Abstract:In this work, we present DeepEraser, an effective deep network for generic text removal. DeepEraser utilizes a recurrent architecture that erases the text in an image via iterative operations. Our idea comes from the process of erasing pencil script, where the text area designated for removal is subject to continuous monitoring and the text is attenuated progressively, ensuring a thorough and clean erasure. Technically, at each iteration, an innovative erasing module is deployed, which not only explicitly aggregates the previous erasing progress but also mines additional semantic context to erase the target text. Through iterative refinements, the text regions are progressively replaced with more appropriate content and finally converge to a relatively accurate status. Furthermore, a custom mask generation strategy is introduced to improve the capability of DeepEraser for adaptive text removal, as opposed to indiscriminately removing all the text in an image. Our DeepEraser is notably compact with only 1.4M parameters and trained in an end-to-end manner. To verify its effectiveness, extensive experiments are conducted on several prevalent benchmarks, including SCUT-Syn, SCUT-EnsText, and Oxford Synthetic text dataset. The quantitative and qualitative results demonstrate the effectiveness of our DeepEraser over the state-of-the-art methods, as well as its strong generalization ability in custom mask text removal. The codes and pre-trained models are available at
What problem does this paper attempt to address?
The problem that this paper attempts to solve is the text removal in digital images. Specifically, its goal is to remove text from images and replace these areas with content that is coordinated with the surrounding environment. In a world that increasingly values data privacy, this technology has important application values, such as hiding sensitive information (such as addresses, license plate numbers, ID numbers, etc.), and playing a role in various applications such as intelligent education, text editing, image retrieval, and augmented reality translation.
### Main contributions of the paper
1. **Propose DeepEraser**: an end - to - end deep network for general - purpose text removal. DeepEraser adopts a recursive structure to remove text through iterative context mining and context updating.
2. **Introduce a custom mask generation strategy**: to enhance the ability of adaptive text removal, rather than simply removing all text areas in the image.
3. **Lightweight design**: DeepEraser has only 1.4M parameters, and the training objective is simple, only calculating the L1 distance between the predicted text - free image and the real image.
4. **Extensive experimental verification**: A large number of experiments have been carried out on multiple popular datasets (such as SCUT - Syn, SCUT - EnsText, and Oxford Synthetic text dataset). Quantitative and qualitative results show that DeepEraser outperforms existing methods in performance and shows strong generalization ability in custom - mask text removal.
### Technical details
1. **Custom mask generation**:
- **Training phase**: Randomly select text instances in the image and generate a binary mask \( M_0 \), indicating the text areas to be removed.

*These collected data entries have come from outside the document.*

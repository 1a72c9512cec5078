-- ===== src/Sip/Tests.antt =====
-- Runs of the server in a small world, and the theorems at concrete servers.
use net_isdn.Common.{
  ◌>>=◌, ℕ, ◌+◌, ◌*◌, ◌≤◌, Word, same, ◌≡◌, ◌≢◌, refl, sym, ◌∙◌, true, false, none, some, none≢some,
  some_inj, List, [], ◌∷◌, ◌==◌, arith, Bool-cases, inl, inr,
}
use net_isdn.Sip.Connection.{SipConnection, Table, Server, find, clear, on}
use net_isdn.Sip.Reply.{ca, li, pw, bang}
use net_isdn.Sip.Login.{
  password_hash, hex_digits, generate_challenge, get_fd_by_uid, login, password,
}
use net_isdn.Sip.Auth.{login-password, login-password_wrong}
use net_isdn.Sip.Table.{find_hit, find_miss}
use net_isdn.Sip.Call.{find_callee}
use net_isdn.Sip.Command.{clear_line}
use net_isdn.Sip.Runs.Call.{IsCall, IsAvailable}
use net_isdn.Sip.Runs.Command.{IsLine}
use mathlib.Core.Path.{subst}
use net_isdn.Sip.Port.{generate_port, rtp_port}
use net_isdn.Sip.Port.Free.{IsFree, generate_port-IsFree}
use net_isdn.Sip.Sound.{Has, IsSound, IsMember, IsLocal}
use net_isdn.Sip.Input.{Input, arrived, clock, run}
use net_isdn.Sip.Runs.Returns.{Returns}
use net_isdn.Sip.Runs.Inputs.{IsConducted, run-Returns}
use net_isdn.Sip.World.{world, world-IsDatabase, user_by_name, split, digits, ann}

-- "CA b 3 48000 ..." on the connection of `ann`.
abbrev call_line : Word
call_line =
    b'C' ∷ b'A' ∷ b' ' ∷ b'b' ∷ b' ' ∷ b'3' ∷ b' ' ∷ b'8' ∷ b' ' ∷ b'2' ∷ b' ' ∷ b'6' ∷ b' ' ∷ b'0'
    ∷ b' ' ∷ b'1' ∷ b' ' ∷ b'4' ∷ b' ' ∷ b'9' ∷ b' ' ∷ b'1' ∷ b' ' ∷ b'5' ∷ b' ' ∷ b'0' ∷ b' '
    ∷ b'1' ∷ []

abbrev online : ℕ → ℕ → Word → SipConnection
online uid peer line = record (clear peer 0) { uid = uid; is_authenticated = true; cmdline = line }

abbrev two_online : Server
two_online = record {
  connections = (4, online 1 70 call_line) ∷ (5, online 2 80 []) ∷ [];
  statements = [];
  sent = [];
  draws = 0;
  now = 3;
  zombie_timer = false;
}

online-IsMember : (uid peer : ℕ) (line : Word) → uid ≢ 0 → IsMember (online uid peer line)
online-IsMember uid peer line ne = record { authenticated = refl; user = ne; alive = refl }

free-IsLocal : (c : SipConnection) → c.connection_fd ≡ none → c.uid ≢ 0 → IsLocal c
free-IsLocal c n ne = record { linked = λ h. absurd (h n); known = λ _ _. ne }

-- A table of free connections of users is sound.
abbrev Free : Table → Type 0
Free t = (a : ℕ) (c : SipConnection) → find t a ≡ some c → (c.connection_fd ≡ none) × (c.uid ≢ 0)

Free-IsSound : (t : Table) → Free t → IsSound t
Free-IsSound t f = record {
  paired = λ a b c h link. absurd (none≢some (sym (f a c h).0 ∙ link));
  local = λ a c h. free-IsLocal c (f a c h).0 (f a c h).1;
}

Free-cons :
    (k : ℕ) (x : SipConnection) (t : Table)
    → x.connection_fd ≡ none
    → x.uid ≢ 0
    → Free t
    → Free ((k, x) ∷ t)
Free-cons k x t n ne f a c h = elim (Bool-cases (k == a)) [
  | inl e ↦
      subst (λ y. (y.connection_fd ≡ none) × (y.uid ≢ 0)) (some_inj (sym (find_hit k a x t e) ∙ h))
        (n, ne)
  | inr e ↦ f a c (sym (find_miss k a x t e) ∙ h)
]

two_online-IsSound : IsSound two_online.connections
two_online-IsSound = Free-IsSound two_online.connections (
    Free-cons 4 (online 1 70 call_line) ((5, online 2 80 []) ∷ []) refl (λ e. absurd (omega arith))
      (Free-cons 5 (online 2 80 []) [] refl (λ e. absurd (omega arith))
        (λ a c h. absurd (none≢some h))))

abbrev inputs : List Input
inputs = arrived 4 (bang ∷ []) ∷ clock 9 ∷ []

abbrev cleared : Server
cleared = on 4 clear_line two_online

words_of_call : List Word
unfolding world split
words_of_call = world.words call_line

the_call : IsCall world 4 words_of_call cleared
unfolding world split user_by_name same find_callee words_of_call
the_call = record {
  free = λ c h.
      subst (IsAvailable world) (some_inj h)
        (online-IsMember 1 70 [] (λ e. absurd (omega arith)), refl);
  answered = λ u k d eu ek ed free.
      let callee : some 5 ≡ some k =
        subst (λ v. find_callee cleared.connections v.id none ≡ some k) (sym (some_inj eu)) ek in
      let found : find cleared.connections 5 ≡ some d =
        subst (λ j. find cleared.connections j ≡ some d) (sym (some_inj callee)) ed in
      subst IsMember (some_inj found) (online-IsMember 2 80 [] (λ e. absurd (omega arith)));
  few = omega arith;
}

the-IsLine : IsLine world 4 call_line two_online
unfolding world split words_of_call
the-IsLine = record {
  word = ca;
  first = refl;
  command = record { calls = λ _. the_call; texts = λ _ e. absurd (omega arith) };
}

inputs-IsConducted : IsConducted world inputs two_online
inputs-IsConducted = (
  (record { it = online 1 70 call_line; found = refl; holds = λ _. the-IsLine }, λ s' e. tt),
  λ s' e. (tt, λ s'' e'. tt),
)

run-Returns_example : Returns (run world inputs two_online) (λ s'. IsSound s'.connections)
run-Returns_example =
    run-Returns world inputs two_online world-IsDatabase inputs-IsConducted two_online-IsSound

generate_port-IsFree_example :
    (port : ℕ) × (generate_port 70 two_online.connections ≡ some port)
    × IsFree 70 port two_online.connections
    × (rtp_port ≤ port)
    × (port ≤ rtp_port + 2 * 2)
generate_port-IsFree_example = generate_port-IsFree 70 two_online.connections (omega arith)

-- A connection that has sent nothing yet, and a login on it.
abbrev fresh : Server
fresh = record two_online { connections = (4, clear 70 0) ∷ [] }

abbrev login_words : List Word
login_words = li ∷ (b'a' ∷ []) ∷ (b'7' ∷ []) ∷ (b'v' ∷ []) ∷ []

abbrev ann_reply : Word
ann_reply = 50 ∷ 50 ∷ []

ann_hash :
    password_hash world ann.password (generate_challenge world 4 fresh.draws) ≡ some ann_reply
unfolding world digits password_hash generate_challenge hex_digits
ann_hash = refl

ann_selected : world.select_user fresh.statements (b'a' ∷ []) ≡ some ann
unfolding world user_by_name same
ann_selected = refl

ann_alone : get_fd_by_uid fresh.connections 1 4 ≡ none
unfolding get_fd_by_uid
ann_alone = refl

login-password_example :
    Returns
      (login world 4 login_words fresh >>= password world 4 (pw ∷ ann_reply ∷ []))
      (λ s'. Has s'.connections 4 (λ d. (d.is_authenticated ≡ true) × (d.uid ≡ 1)))
login-password_example =
    login-password world 4 login_words fresh (clear 70 0) ann ann_reply refl refl ann_selected
      (λ e. absurd (omega arith)) ann_hash ann_alone

login-password_wrong_example :
    Returns
      (login world 4 login_words fresh >>= password world 4 (pw ∷ [] ∷ []))
      (λ s'. Has s'.connections 4 (λ d. (d.is_authenticated ≡ false) × (d.zombie ≡ true)))
login-password_wrong_example =
    login-password_wrong world 4 login_words fresh (clear 70 0) ann ann_reply [] refl refl refl refl
      ann_selected ann_hash (λ e. ground arith)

- **Inference stage**: Existing text detectors can be used or text areas to be removed can be manually marked.
2. **Feature extraction**:
- Concatenate the text image \( I_0 \) and the mask \( M_0 \) along the channel dimension and input them into a CNN - based backbone network for feature extraction.

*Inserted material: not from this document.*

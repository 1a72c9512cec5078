-- ===== src/Text.antt =====
-- The text helpers of lib/.
pub mod Escape
mod Tests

- The backbone network consists of six residual blocks without any down - sampling operations, generating a more refined feature map.

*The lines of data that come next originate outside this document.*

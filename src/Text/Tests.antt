-- ===== src/Text/Tests.antt =====
-- A place name through the escape and back.
use net_isdn.Common.{ℕ, some, ◌≡◌, refl, [], ◌∷◌, ◌++◌, ltb, if◌then◌else◌, lt→ltb, arith}
use net_isdn.Text.Escape.{KeepsLatin1, escape_string, read_quoted, read_quoted-escape_string}

-- A character beyond Latin-1 becomes a question mark.
abbrev latin1 : ℕ → ℕ
latin1 c = if ltb c 256 then c else b'?'

latin1-KeepsLatin1 : KeepsLatin1 latin1
latin1-KeepsLatin1 c h = rw (lt→ltb c 256 h) refl

read_quoted-escape_string_example :
    read_quoted (escape_string latin1 (b'a' ∷ b'"' ∷ b'\\' ∷ []) ++ (b'"' ∷ b'x' ∷ []))
    ≡ some (b'a' ∷ b'"' ∷ b'\\' ∷ [], b'x' ∷ [])
read_quoted-escape_string_example =
    read_quoted-escape_string latin1 (b'a' ∷ b'"' ∷ b'\\' ∷ []) (b'x' ∷ []) latin1-KeepsLatin1
      (omega arith, (omega arith, (omega arith, tt))) refl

3. **Iterative text removal**:
- The core component is the erasing module, which iteratively refines the current removal results.
- In the \( k \) - th iteration, the erasing module receives the context feature \( E_I \), the previously estimated text - free image \( I_{k - 1} \) and the latent feature \( l_{k - 1} \), and outputs the updated latent feature \( l_k \) and the current residual image \( r_k \).
- The update formula is: \[ I_k = I_0 + r_k \]
4. **Training objective**:
- The loss function is defined as the sum of the L1 distances between the predicted text - free image and the real image in each iteration step: \[ L=\sum_{k = 1}^K\lambda^{K - k}\| I_{gt}-I_k \|_1 \]
- where \( \lambda \) is a weight factor less than 1, used to balance the importance of different iteration steps.
### Experimental results
- **Datasets**: SCUT - EnsText, SCUT - Syn, and Oxford Synthetic text dataset.
- **Evaluation metrics**: including PSNR, MSSIM, MSE, AGE, pEPs, pCEPS, etc.
- **Quantitative and qualitative results**: DeepEraser performs well on multiple datasets, especially in custom - mask text removal.
### Conclusion
DeepEraser effectively solves the problem of text removal in digital images through a recursive structure and iterative context mining. Its lightweight design and simple training objective make it highly practical and efficient in practical applications.